My loss is "nan" and accuracy is " 0.0000e+00 " in Transfer learning: InceptionV3

I am working on transfer learning. My use case is to classify two categories of images. I used InceptionV3 to classify images. When training my model, I am getting nan as loss and 0.0000e+00 as accuracy in every epoch. I am using 20 epochs because my data amount is small: I got 1000 images for training and 100 for testing and per batch 5 records.
from keras.applications.inception_v3 import InceptionV3
from keras.preprocessing import image
from keras.models import Model
from keras.layers import Dense, GlobalAveragePooling2D
from keras import backend as K
# create the base pre-trained model
base_model = InceptionV3(weights='imagenet', include_top=False)
# add a global spatial average pooling layer
x = base_model.output
x = GlobalAveragePooling2D()(x)
# let's add a fully-connected layer
x = Dense(1024, activation='relu')(x)
x = Dense(512, activation='relu')(x)
x = Dense(32, activation='relu')(x)
# and a logistic layer -- we have 2 classes
predictions = Dense(1, activation='softmax')(x)
# this is the model we will train
model = Model(inputs=base_model.input, outputs=predictions)
for layer in base_model.layers:
layer.trainable = False
# we chose to train the top 2 inception blocks, i.e. we will freeze
# the first 249 layers and unfreeze the rest:
for layer in model.layers[:249]:
layer.trainable = False
for layer in model.layers[249:]:
layer.trainable = True
model.compile(loss="binary_crossentropy", optimizer="adam", metrics=["accuracy"])
from keras.preprocessing.image import ImageDataGenerator
train_datagen = ImageDataGenerator(
rescale=1./255,
shear_range=0.2,
zoom_range=0.2,
horizontal_flip=True)
test_datagen = ImageDataGenerator(rescale=1./255)

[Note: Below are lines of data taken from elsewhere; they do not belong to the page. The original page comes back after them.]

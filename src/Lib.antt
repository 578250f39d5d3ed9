-- ===== src/Lib.antt =====
-- A verification library for nitek: an exchange (order gateway server, FIFO sequencer, order matching
-- engine with a limit order book for each ticker, market data publisher, snapshot synthesizer) and a
-- trading client (market data consumer, order gateway client, and the trading engine with its order
-- books, feature engine, market maker and order, position and risk managers), joined by lock-free queues inside a process and by TCP and multicast sockets between them.
--
-- The files, and the code that they model:
--   Base       numbers, tests, lists and integers; Base/Run has the outcome of code that may stop:
--              ASSERT and FATAL (source/llbase/macros.h) are the fault `exits`, an exception out of a
--              `noexcept` function is `terminates`, following a null pointer or an index out of an
--              array is `undefined`
--   LfQueue    source/llbase/lfqueue.h; /Refine against lists, /Session for whole sessions of a
--              writer and a reader, /Writes for several writes in a row, /Overrun for a full queue, /Drain for
--              the loop of a reader, /Threads for the two threads access by access
--   Logging    source/llbase/logging.h; /Laws for messages, /Written for the file
--   MemPool    source/llbase/mempool.h; /Search for its search of a free block, /Laws for its contract
--   Socket     the sending side of source/llbase/mcast_socket.cpp and tcp_socket.cpp
--   TcpServer  source/llbase/tcp_server.cpp: its sets of sockets; /Polls for what a poll leaves in them
--   Common     /Types, /Algo: source/nitek/common/types.h; /Messages: source/nitek/exchange/data;
--              /Printing: the texts of both;
--              /Levels: the rings of price levels and of orders, in two pools, that the order books of
--              the exchange and of the client both have (ome_order_book.cpp, te_order_book.cpp); below it
--              /Ring, /Queue, /TakeOut, /Fifo and /Bounded for the orders of a level as a queue, /Ladder,
--              /Seek, /Links, /Place, /Unlink and /RemoveLevel for the levels of a side as a list by
--              price, and /Book, /Join, /Vacant and /Leave for the whole book as two such lists
--   Exchange   /OrderBook: source/nitek/exchange/orders/ome_order_book.cpp, with /Requests for add,
--              cancel and matching, /Matching, /FindMatch and /Cancel for what they do, and /Fifo, /TimePriority,
--              /Rounds and /PriceLevel for the order in which a level is traded, /Sweep and
--              /BestFirst for the whole side, /Arrivals and /Leaves for the orders that come and go;
--              /Engine: order_matching_engine.cpp; /Sequencer: networking/fifo_sequencer.h;
--              /Gateway: networking/order_gateway_server.h and .cpp; /Publisher:
--              data/market_data_publisher.cpp; /Synthesizer: data/snapshot_synthesizer.cpp
--   Client     /Consumer: source/nitek/client/data/market_data_consumer.cpp, with /Queued for its
--              std::map, /Stream for the incremental stream, /Snapshot, /Receiving and /Recovery for
--              the recovery; /GatewayClient: networking/order_gateway_client.cpp; /TeOrderBook:
--              orders/te_order_book.cpp, with /Best for the best prices; /OrderManager, /Risk, /Position, /FeatureEngine, /MarketMaker and
--              /TradingEngine: the files of these names in source/nitek/client/trading; /Doubles: what
--              they use of `double`
--   The modules Tests hold tests, and the theorems at concrete states.
--
-- State and operations. A class is a record of the members that its operations read and write; a
-- member function takes the record and returns the new one, in `Result` if it may stop. A pointer into
-- a memory pool is the index of its block, a null pointer `none`. The order book's calls of the
-- matching engine are kept in the list `sent`, which the engine writes to its queues in order; the book
-- does not read the queues. Prices are integers; the other numbers are natural numbers, with the
-- wrap-around of their width written out where the code adds to them.
--
-- Fuel. The matching loop takes one unit more than the order pool has blocks: every round but the last
-- frees one. The search of the pool takes as many as there are blocks. The searches along the rings of
-- levels and orders take one more than the pool of their nodes has blocks, since a ring goes through a
-- block at most once. A reader's loop takes one more than its queue has values, with the writer at rest.
--
-- Parameters. std::sort (with what the standard says of it), the order and the arithmetic of
-- `double`s, what a stream and std::to_string write for a number, whether a socket can be opened, what epoll and accept give, and what another thread does to a queue between two steps.
--
-- Not modelled: threads' start and stop, the bytes of messages and the receiving side of sockets
-- (a receive buffer is the list of its whole messages), TCP connections but for their sets in the
-- server, clocks, and the texts of orders, books and components.
-- Arrays of pointers that the code leaves without a value start with null pointers.
pub mod Base
pub mod LfQueue
pub mod Logging
pub mod MemPool
pub mod Socket
pub mod TcpServer
pub mod Common
pub mod Exchange
pub mod Client
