-- ===== src/Base/Run.antt =====
-- The outcome of code that may stop: ASSERT and FATAL of source/llbase/macros.h end the process, an
-- exception that leaves a `noexcept` function terminates it, and a null pointer that is followed
-- has no defined result. The code's loops take fuel; `out_of_fuel` is proved not to happen.
use mathlib.Core.Path.{◌≡◌, refl, ap, subst}
use native.Mathlib.Omega.{arith}
use mathlib.Core.Logic.{◌≢◌, ◌⊎◌, inl, inr}
use mathlib.Core.Bool.{Bool}
use nitek.Base.Tests.{if◌then◌else◌}

pub data Fault : Type 0 where
  exits terminates undefined out_of_fuel : Fault

pub data Result {ℓ} (A : Type ℓ) : Type ℓ where
  ok : A → Result A
  fault : Fault → Result A

-- A computation over a state.
abbrev pub M : Type 0 → Type 0 → Type 0
M S A = S → Result (A × S)

module _ {S : Type 0} where
  abbrev pub pure : {A : Type 0} → A → M S A
  pure a s = ok (a, s)

  infixl 5 ◌>>=◌ ◌>>◌
  abbrev pub and_then : {A B : Type 0} → Result (A × S) → (A → M S B) → Result (B × S)
  and_then (ok (a, s)) f = f a s
  and_then (fault e) f = fault e

  abbrev pub ◌>>=◌ : {A B : Type 0} → M S A → (A → M S B) → M S B
  ◌>>=◌ m f s = and_then (m s) f

  abbrev pub ◌>>◌ : {B : Type 0} → M S (Unit {0}) → M S B → M S B
  m >> k = m >>= λ _. k

  -- ASSERT(cond, msg)
  abbrev pub assert : Bool → M S (Unit {0})
  assert b s = if b then ok (tt, s) else fault exits

  abbrev pub stop : {A : Type 0} → Fault → M S A
  stop e s = fault e

  abbrev pub gets : {A : Type 0} → (S → A) → M S A
  gets f s = ok (f s, s)

  abbrev pub modify : (S → S) → M S (Unit {0})
  modify f s = ok (tt, f s)

  -- If the run succeeds its result satisfies `P`, and it never runs out of fuel.
  pub data Returns {A : Type 0} (P : A → S → Type 0) : Result (A × S) → Type 0 where
    returns : {a : A} {s : S} → P a s → Returns P (ok (a, s))
    faults : {e : Fault} → e ≢ out_of_fuel → Returns P (fault e)

  module _ {A : Type 0} {P : A → S → Type 0} where
    pub Returns-bind :
        {B : Type 0} {Q : B → S → Type 0} {r : Result (A × S)} {k : A → M S B}
        → Returns P r
        → ((a : A) (s : S) → P a s → Returns Q (k a s))
        → Returns Q (and_then r k)
    Returns-bind (returns p) next = next _ _ p
    Returns-bind (faults h) next = faults h

    pub Returns-mono :
        {Q : A → S → Type 0} {r : Result (A × S)}
        → Returns P r
        → ((a : A) (s : S) → P a s → Q a s)
        → Returns Q r
    Returns-mono (returns p) weaken = returns (weaken _ _ p)
    Returns-mono (faults h) weaken = faults h

    pub Returns-intro :
        (r : Result (A × S))
        → ((a : A) (s : S) → r ≡ ok (a, s) → P a s)
        → r ≢ fault out_of_fuel
        → Returns P r
    Returns-intro (ok (a, s)) good fuel = returns (good a s refl)
    Returns-intro (fault e) good fuel = faults (λ h. fuel (ap fault h))

    pub Returns-ok : {r : Result (A × S)} {a : A} {s : S} → Returns P r → r ≡ ok (a, s) → P a s
    Returns-ok (returns {a = c} {s = t} p) h = subst (λ (x : A × S). P x.0 x.1) (pair (c, t) _ h) p
      where
        pair : (x y : A × S) → ok x ≡ ok y → x ≡ y
        pair x y h = ground arith
    Returns-ok (faults g) h = cc

    pub Returns-fuel : {r : Result (A × S)} → Returns P r → r ≢ fault out_of_fuel
    Returns-fuel (returns p) h = cc
    Returns-fuel (faults g) h = g (ground arith)

pub Result-cases {ℓ} :
    {A : Type ℓ} (r : Result A) → ((a : A) × (r ≡ ok a)) ⊎ ((e : Fault) × (r ≡ fault e))
Result-cases (ok a) = inl (a, refl)
Result-cases (fault e) = inr (e, refl)
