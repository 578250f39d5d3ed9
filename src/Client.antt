-- ===== src/Client.antt =====
-- source/nitek/client
pub mod Consumer
pub mod GatewayClient
pub mod Doubles
pub mod Risk
pub mod Position
pub mod OrderManager
pub mod TeOrderBook
pub mod FeatureEngine
pub mod MarketMaker
pub mod TradingEngine
mod Tests
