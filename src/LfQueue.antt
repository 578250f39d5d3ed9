-- ===== src/LfQueue.antt =====
-- source/llbase/lfqueue.h, the bounded queue between one writing and one reading thread.
pub mod Refine
pub mod Session
pub mod Overrun
pub mod Writes
pub mod Drain
pub mod Threads
mod Tests
use nitek.Base.{ℕ, ◌+◌, ◌-◌, ◌%◌, ◌^◌, Option, none, some, if◌then◌else◌, ◌==◌, update}
use nitek.Base.Run.{Result, ok, fault, exits}

-- `size` is `blocks.size()`, fixed by the constructor.
pub record LfQueue (T : Type 0) : Type 0 where
  pub blocks : ℕ → T
  pub size : ℕ
  pub n_blocks : ℕ
  pub i_write : ℕ
  pub i_read : ℕ

module _ {T : Type 0} where
  -- The constructor: `n_blocks` blocks that hold `T{ }`.
  unfoldable pub make : T → ℕ → LfQueue T
  make default n = record { blocks = λ _. default; size = n; n_blocks = 0; i_write = 0; i_read = 0 }

  -- `*get_next_to_write() = value`
  unfoldable pub write_next : LfQueue T → T → LfQueue T
  write_next q value = record q { blocks = update q.blocks q.i_write value }

  unfoldable pub increment_write_index : LfQueue T → LfQueue T
  increment_write_index q = record q {
    i_write = (q.i_write + 1) % 2 ^ 64 % q.size;
    n_blocks = (q.n_blocks + 1) % 2 ^ 64;
  }

  -- What the pointer that the reader gets leads to; `none` is nullptr.
  unfoldable pub get_next_to_read : LfQueue T → Option T
  get_next_to_read q = if q.n_blocks == 0 then none else some (q.blocks q.i_read)

  -- The read index has moved when ASSERT looks at `n_blocks`.
  unfoldable pub increment_read_index : LfQueue T → Result (LfQueue T)
  increment_read_index q =
      if q.n_blocks == 0
      then fault exits
      else ok (record q { i_read = (q.i_read + 1) % 2 ^ 64 % q.size; n_blocks = q.n_blocks - 1 })

  -- Every writer does these three steps: a pointer to the next block, an assignment through it, and
  -- the increment.
  unfoldable pub push : LfQueue T → T → LfQueue T
  unfolding write_next increment_write_index
  push q value = increment_write_index (write_next q value)
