-- ===== src/Common/Types.antt =====
-- source/nitek/common/types.h: the sides, limits and marks of invalid values.
use nitek.Base.{ℕ, ◌+◌, ◌-◌, ◌*◌, ◌%◌, ◌^◌, Bool, true, false}
use nitek.Base.Int.{ℤ, pos, negsuc, to_u64}

-- types.h defines IS_TEST_SUITE itself, so that the smaller limits hold in every build.
abbrev pub ome_size : ℕ
ome_size = 16

abbrev pub max_tickers : ℕ
max_tickers = 8

abbrev pub max_client_updates : ℕ
max_client_updates = ome_size * 1024

abbrev pub max_market_updates : ℕ
max_market_updates = ome_size * 1024

abbrev pub max_n_clients : ℕ
max_n_clients = ome_size

abbrev pub max_order_ids : ℕ
max_order_ids = 1024 * 1024

abbrev pub max_price_levels : ℕ
max_price_levels = ome_size

abbrev pub max_pending_order_requests : ℕ
max_pending_order_requests = 1024

-- `ID_INVALID` is the largest value of the type.
abbrev pub order_id_invalid : ℕ
order_id_invalid = 2 ^ 64 - 1

abbrev pub ticker_id_invalid : ℕ
ticker_id_invalid = 2 ^ 32 - 1

abbrev pub client_id_invalid : ℕ
client_id_invalid = 2 ^ 32 - 1

abbrev pub price_invalid : ℤ
price_invalid = pos (2 ^ 63 - 1)

abbrev pub qty_invalid : ℕ
qty_invalid = 2 ^ 32 - 1

abbrev pub priority_invalid : ℕ
priority_invalid = 2 ^ 64 - 1

pub data Side : Type 0 where
  invalid buy sell max : Side

-- `static_cast<int>(side)`
unfoldable pub side_to_value : Side → ℤ
side_to_value Side.invalid = pos 0
side_to_value Side.buy = pos 1
side_to_value Side.sell = negsuc 0
side_to_value Side.max = pos 2

-- The cast to size_t of -1 wraps, and the sum wraps back.
unfoldable pub side_to_index : Side → ℕ
unfolding side_to_value to_u64
side_to_index side = (to_u64 (side_to_value side) + 1) % 2 ^ 64

abbrev pub is_buy : Side → Bool
is_buy Side.buy = true
is_buy _ = false

abbrev pub is_sell : Side → Bool
is_sell Side.sell = true
is_sell _ = false

-- `side == other`
abbrev pub same_side : Side → Side → Bool
same_side Side.invalid Side.invalid = true
same_side Side.buy Side.buy = true
same_side Side.sell Side.sell = true
same_side Side.max Side.max = true
same_side _ _ = false
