-- ===== src/Common/Messages.antt =====
-- The messages of source/nitek/exchange/data: ome_client_request.h, ome_client_response.h and
-- ome_market_update.h.
use nitek.Base.{ℕ}
use nitek.Base.Int.{ℤ}
use nitek.Common.Types.{
  Side, order_id_invalid, ticker_id_invalid, client_id_invalid, price_invalid, qty_invalid,
  priority_invalid,
}

pub data RequestType : Type 0 where
  invalid new cancel : RequestType

pub record OmeClientRequest : Type 0 where
  pub type : RequestType
  pub client_id : ℕ
  pub ticker_id : ℕ
  pub order_id : ℕ
  pub side : Side
  pub price : ℤ
  pub qty : ℕ

pub record OgsClientRequest : Type 0 where
  pub n_seq : ℕ
  pub ome_request : OmeClientRequest

pub data ResponseType : Type 0 where
  invalid accepted cancelled filled cancel_rejected : ResponseType

pub record OmeClientResponse : Type 0 where
  pub type : ResponseType
  pub client_id : ℕ
  pub ticker_id : ℕ
  pub client_order_id : ℕ
  pub market_order_id : ℕ
  pub side : Side
  pub price : ℤ
  pub qty_exec : ℕ
  pub qty_remain : ℕ

pub record OgsClientResponse : Type 0 where
  pub n_seq : ℕ
  pub ome_response : OmeClientResponse

pub data UpdateType : Type 0 where
  invalid clear add modify cancel trade snapshot_start snapshot_end : UpdateType

pub record OmeMarketUpdate : Type 0 where
  pub type : UpdateType
  pub order_id : ℕ
  pub ticker_id : ℕ
  pub side : Side
  pub price : ℤ
  pub qty : ℕ
  pub priority : ℕ

pub record MdpMarketUpdate : Type 0 where
  pub n_seq : ℕ
  pub ome_update : OmeMarketUpdate

-- The messages with each member's default.
abbrev pub default_request : OmeClientRequest
default_request = record {
  type = RequestType.invalid;
  client_id = client_id_invalid;
  ticker_id = ticker_id_invalid;
  order_id = order_id_invalid;
  side = Side.invalid;
  price = price_invalid;
  qty = qty_invalid;
}

abbrev pub default_response : OmeClientResponse
default_response = record {
  type = ResponseType.invalid;
  client_id = client_id_invalid;
  ticker_id = ticker_id_invalid;
  client_order_id = order_id_invalid;
  market_order_id = order_id_invalid;
  side = Side.invalid;
  price = price_invalid;
  qty_exec = qty_invalid;
  qty_remain = qty_invalid;
}

abbrev pub default_update : OmeMarketUpdate
default_update = record {
  type = UpdateType.invalid;
  order_id = order_id_invalid;
  ticker_id = ticker_id_invalid;
  side = Side.invalid;
  price = price_invalid;
  qty = qty_invalid;
  priority = priority_invalid;
}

training_set = train_datagen.flow_from_directory(
'C:/Users/Desktop/Transfer/train/',
target_size=(64, 64),
batch_size=5,
class_mode='binary')
test_set = test_datagen.flow_from_directory(
'C:/Users/Desktop/Transfer/test/',
target_size=(64, 64),
batch_size=5,
class_mode='binary')
model.fit_generator(
training_set,
steps_per_epoch=1000,
epochs=20,
validation_data=test_set,
validation_steps=100)
It sounds like your gradient is exploding. There could be a few reasons for that:
Check that your input is generated correctly. For example use the save_to_dir parameter of flow_from_directory
Since you have a batch size of 5, fix the steps_per_epoch from 1000 to 1000/5=200
Use sigmoid activation instead of softmax
Set a lower learning rate in Adam; to do that you need to create the optimizer separately like adam = Adam(0.0001) and pass it in model.compile(..., optimizer=adam)
Try VGG16 instead of InceptionV3
Let us know when you tried all of the above.
Using Softmax for the activation does not make sense in case of single class. Your output value will always be normed by itself, thus equals to 1. The purpose of softmax is to make the values sum up to 1. In case of single value you will get it == 1. I believe at some moment in time you got 0 as predicted value, which resulted in zero division and NaN loss value.
You should either change the number of classes to 2 by:
predictions = Dense(2, activation='softmax')(x)
class_mode='categorical' in flow_from_directory
loss="categorical_crossentropy"
or use the sigmoid activation function for the last layer.